**The task**
Filter the entries for the word "HasBuild". Copy each line that has it.
[Data to examine]
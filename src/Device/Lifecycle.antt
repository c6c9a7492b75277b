-- ===== src/Device/Lifecycle.antt =====
-- An update from the command to the report of its outcome.
use nff_core.Prelude.{
  sym, subst, Bool, true, false, ◌||◌, Option, none, some, List, [], ◌∷◌, String, string_eq, Text,
  text_eqb, ◌≡◌, ◌⊎◌, refl, ap, ◌∙◌, inl, inr, Bool-cases, arith,
}
use nff_core.Device.{
  loaded, kept_build, erased_build, commit, revert, version_le, Firmware, Device, OtaCommand, Fetch,
  unreachable, fetched, Message, ota_started, committed, rolled_back, is_blank_text, or_text,
  or_some, or_zero, staged, downloaded, handle, tried, apply_pending_ota, sync_fault, cleared,
  check_pending_result, boot,
}

-- A command that the device accepts: every field is there, the version is not below the running one, and the
-- artifact has the hash or cannot be reached.
pub record IsAccepted (hash : String → Text) (c : OtaCommand) (fetch : Fetch) (d : Device)
    : Type 0 where
  pub complete : (is_blank_text c.version || is_blank_text c.url || is_blank_text c.sha256) ≡ false
  pub is_upgrade : version_le (or_zero d.fw_version) c.version ≡ true
  pub intact :
      (fetch ≡ unreachable)
      ⊎ ((artifact : String) × (fetch ≡ fetched artifact)
          × (text_eqb (hash artifact) c.sha256 ≡ true))

undelivered :
    (hash : String → Text) (c : OtaCommand) (fetch : Fetch) (d : Device)
    → (((fetch ≡ unreachable)
          ⊎ ((artifact : String) × (fetch ≡ fetched artifact)
              × (text_eqb (hash artifact) c.sha256 ≡ true)))
        → ⊥)
    → (downloaded hash c d fetch).0 ≡ d
unfolding downloaded
undelivered hash c unreachable d h = absurd (h (inl refl))
undelivered hash c (fetched artifact) d h = elim (Bool-cases (text_eqb (hash artifact) c.sha256)) [
  | inl e ↦ absurd (h (inr (artifact, refl, e)))
  | inr e ↦ rw e refl
]

-- The artifact of an accepted command
abbrev artifact_of : Fetch → Option String
artifact_of unreachable = none
artifact_of (fetched artifact) = some artifact

handle_accepted :
    (hash : String → Text) (c : OtaCommand) (fetch : Fetch) (d : Device)
    → IsAccepted hash c fetch d
    → handle hash c fetch d ≡ (staged c d (artifact_of fetch), ota_started c.version ∷ [])
unfolding handle downloaded
handle_accepted hash c fetch d a = elim a.intact [
  | inl e ↦ rw (a.complete, a.is_upgrade, e) refl
  | inr (artifact, e, same) ↦ rw (a.complete, a.is_upgrade, e, same) refl
]

same_text : (s : Text) → or_text s s ≡ s
unfolding or_text
same_text [] = refl
same_text (c ∷ s) = refl

named : (default v : Text) → is_blank_text v ≡ false → or_text default v ≡ v
unfolding or_text is_blank_text
named default [] h = cc
named default (c ∷ v) h = refl

has_version : (a b c : Bool) → (a || b || c) ≡ false → a ≡ false
has_version a b c h = ground arith

trial :
    (load : String → Text → Firmware) (buggy : Text → Option String) (c : OtaCommand) (d : Device)
    (artifact : Option String)
    → is_blank_text c.version ≡ false
    → apply_pending_ota load buggy (staged c d artifact)
      ≡ tried load c.version (buggy c.version) (staged c d artifact)
unfolding apply_pending_ota staged or_some
trial load buggy c d artifact h =
    ap (λ v. tried load v (buggy v) (staged c d artifact)) (named d.fw_version c.version h)

-- Nothing of an update is left: neither a key in the NVS nor an artifact.
pub record IsIdle (d : Device) : Type 0 where
  pub no_pending : d.nvs.ota_pending ≡ false
  pub no_version : d.nvs.ota_version ≡ none
  pub no_prev_version : d.nvs.ota_prev_version ≡ none
  pub no_prev_build : d.nvs.ota_prev_build_id ≡ none
  pub no_build : d.nvs.ota_build_id ≡ none
  pub no_commit : d.nvs.ota_committed ≡ false
  pub no_reason : d.nvs.ota_rollback_reason ≡ none
  pub no_artifact : d.pending_fw_artifact ≡ none

-- The firmware that an update brings
abbrev pub brought : (String → Text → Firmware) → OtaCommand → Fetch → Device → Firmware
brought load c unreachable d = record d.firmware { version = c.version }
brought load c (fetched artifact) d = load artifact c.version

-- The build of the command, where it names one, else the one before
abbrev pub HasBuild : Option Text → Text → Text → Type 0
HasBuild none before after = after ≡ before
HasBuild (some []) before after = after ≡ before
HasBuild (some (x ∷ xs)) before after = after ≡ x ∷ xs

brought_lem :
    (load : String → Text → Firmware) (c : OtaCommand) (fetch : Fetch) (d : Device)
    → loaded load c.version d.firmware (artifact_of fetch) ≡ brought load c fetch d
unfolding loaded
brought_lem load c unreachable d = refl
brought_lem load c (fetched artifact) d = refl

build_lem :
    (named_build noted : Option Text) (before : Text)
    → noted ≡ none
    → HasBuild named_build before (or_some before (kept_build named_build noted))
unfolding or_some or_text kept_build
build_lem none noted before h = rw h refl
build_lem (some []) noted before h = rw h refl
build_lem (some (x ∷ xs)) noted before h = refl

erased_lem :
    (named_build noted : Option Text)
    → noted ≡ none
    → erased_build (kept_build named_build noted) ≡ none
unfolding erased_build kept_build
erased_lem none noted h = rw h refl
erased_lem (some []) noted h = rw h refl
erased_lem (some (x ∷ xs)) noted h = refl

-- What the boot does after the trial
report : Device → Device × List Message
report d = check_pending_result (sync_fault d)

module _ (hash : String → Text) (load : String → Text → Firmware) (buggy : Text → Option String)
    (c : OtaCommand) (fetch : Fetch) (d : Device) (accepted : IsAccepted hash c fetch d) where
  filled : is_blank_text c.version ≡ false
  filled =
      has_version (is_blank_text c.version) (is_blank_text c.url) (is_blank_text c.sha256)
        accepted.complete

  after_boot :
      (verdict : Option String)
      → buggy c.version ≡ verdict
      → boot load buggy (handle hash c fetch d).0
        ≡ report (tried load c.version verdict (staged c d (artifact_of fetch)))
  unfolding boot report
  after_boot verdict e =
      ap (λ r. boot load buggy r.0) (handle_accepted hash c fetch d accepted)
      ∙ ap report (
          trial load buggy c d (artifact_of fetch) filled
          ∙ ap (λ v. tried load c.version v (staged c d (artifact_of fetch))) e)

  -- An accepted update to a version that passes its trial, with no build noted before: after the next boot the
  -- device runs the downloaded artifact under the new version, or what it ran before where the artifact could not
  -- be reached; it has the build of the command, where one is named; it reports the commit, once; and no key of
  -- the update and no artifact is left.
  pub update_commits :
      buggy c.version ≡ none
      → d.nvs.ota_build_id ≡ none
      → ((boot load buggy (handle hash c fetch d).0).0.fw_version ≡ c.version)
        × ((boot load buggy (handle hash c fetch d).0).0.firmware ≡ brought load c fetch d)
        × HasBuild c.build_id d.build_id (boot load buggy (handle hash c fetch d).0).0.build_id
        × IsIdle (boot load buggy (handle hash c fetch d).0).0
        × ((boot load buggy (handle hash c fetch d).0).1 ≡ committed c.version ∷ [])
  unfolding report check_pending_result sync_fault staged cleared or_some tried commit loaded
      kept_build erased_build
  update_commits healthy fresh =
      let e = after_boot none healthy in
      let same = named c.version c.version filled in
      (
        ap (λ r. r.0.fw_version) e,
        ap (λ r. r.0.firmware) e ∙ brought_lem load c fetch d,
        subst (HasBuild c.build_id d.build_id) (sym (ap (λ r. r.0.build_id) e))
            (build_lem c.build_id d.nvs.ota_build_id d.build_id fresh),
        subst (λ r. IsIdle r.0) (sym e)
            record {
              no_pending = refl;
              no_version = refl;
              no_prev_version = refl;
              no_prev_build = refl;
              no_build = erased_lem c.build_id d.nvs.ota_build_id fresh;
              no_commit = refl;
              no_reason = refl;
              no_artifact = refl;
            },
        ap (λ r. r.1) e ∙ ap (λ v. committed v ∷ []) same,
      )

  -- An accepted update to a version that fails its trial: after the next boot the device runs the version, the
  -- build and the firmware from before, reports the rollback with its reason, once, and no key of the update and
  -- no artifact is left.
  pub update_rolls_back :
      (scenario : String)
      → buggy c.version ≡ some scenario
      → ((boot load buggy (handle hash c fetch d).0).0.fw_version ≡ d.fw_version)
        × ((boot load buggy (handle hash c fetch d).0).0.build_id ≡ d.build_id)
        × ((boot load buggy (handle hash c fetch d).0).0.firmware
            ≡ record d.firmware { version = d.fw_version })
        × IsIdle (boot load buggy (handle hash c fetch d).0).0
        × ((boot load buggy (handle hash c fetch d).0).1
            ≡ rolled_back c.version (some scenario) ∷ [])
  unfolding report check_pending_result sync_fault staged cleared or_some tried revert
  update_rolls_back scenario bad =
      let e = after_boot (some scenario) bad in
      (
        ap (λ r. r.0.fw_version) e ∙ same_text d.fw_version,
        ap (λ r. r.0.build_id) e ∙ same_text d.build_id,
        ap (λ r. r.0.firmware) e
            ∙ ap (λ v. record d.firmware { version = v }) (same_text d.fw_version),
        subst (λ r. IsIdle r.0) (sym e)
            record {
              no_pending = refl;
              no_version = refl;
              no_prev_version = refl;
              no_prev_build = refl;
              no_build = refl;
              no_commit = refl;
              no_reason = refl;
              no_artifact = refl;
            },
        ap (λ r. r.1) e ∙ ap (λ v. rolled_back v (some scenario) ∷ []) (named _ c.version filled),
      )

reported_clear : (d : Device) → (check_pending_result d).0.nvs.ota_pending ≡ false
unfolding check_pending_result cleared
reported_clear d = elim (Bool-cases d.nvs.ota_pending) [ inl e ↦ rw e refl | inr e ↦ rw e refl ]

untried :
    (load : String → Text → Firmware) (buggy : Text → Option String) (d : Device)
    → d.nvs.ota_pending ≡ false
    → (apply_pending_ota load buggy d).nvs.ota_pending ≡ false
unfolding apply_pending_ota
untried load buggy d h = rw h refl

unreported : (d : Device) → d.nvs.ota_pending ≡ false → (check_pending_result d).1 ≡ []
unfolding check_pending_result
unreported d h = rw h refl

synced : (d : Device) → d.nvs.ota_pending ≡ false → (sync_fault d).nvs.ota_pending ≡ false
unfolding sync_fault
synced d h = h

-- A boot reports the outcome of an update at most once: another boot after it reports nothing.
pub boot_reports_once :
    (load : String → Text → Firmware) (buggy : Text → Option String) (d : Device)
    → (boot load buggy (boot load buggy d).0).1 ≡ []
unfolding boot
boot_reports_once load buggy d =
    let before = check_pending_result (sync_fault (apply_pending_ota load buggy d)) in
    unreported (sync_fault (apply_pending_ota load buggy before.0)) (
      synced (apply_pending_ota load buggy before.0) (
        untried load buggy before.0 (reported_clear (sync_fault (apply_pending_ota load buggy d)))))

-- A command that is not accepted leaves the device as it is, its NVS included.
pub handle_refused :
    (hash : String → Text) (c : OtaCommand) (fetch : Fetch) (d : Device)
    → (IsAccepted hash c fetch d → ⊥)
    → (handle hash c fetch d).0 ≡ d
unfolding handle
handle_refused hash c fetch d refused =
    elim (Bool-cases (is_blank_text c.version || is_blank_text c.url || is_blank_text c.sha256)) [
      | inl e ↦ rw e refl
      | inr e ↦ elim (Bool-cases (version_le (or_zero d.fw_version) c.version)) [
        | inr v ↦ rw (e, v) refl
        | inl v ↦
            rw (e, v)
              (undelivered hash c fetch d
                (λ intact. refused (record { complete = e; is_upgrade = v; intact = intact })))
      ]
    ]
[/Data to examine]
**Exercise result**
abbrev pub HasBuild : Option Text → Text → Text → Type 0
HasBuild none before after = after ≡ before
HasBuild (some []) before after = after ≡ before
HasBuild (some (x ∷ xs)) before after = after ≡ x ∷ xs
    → HasBuild named_build before (or_some before (kept_build named_build noted))
        × HasBuild c.build_id d.build_id (boot load buggy (handle hash c fetch d).0).0.build_id
        subst (HasBuild c.build_id d.build_id) (sym (ap (λ r. r.0.build_id) e))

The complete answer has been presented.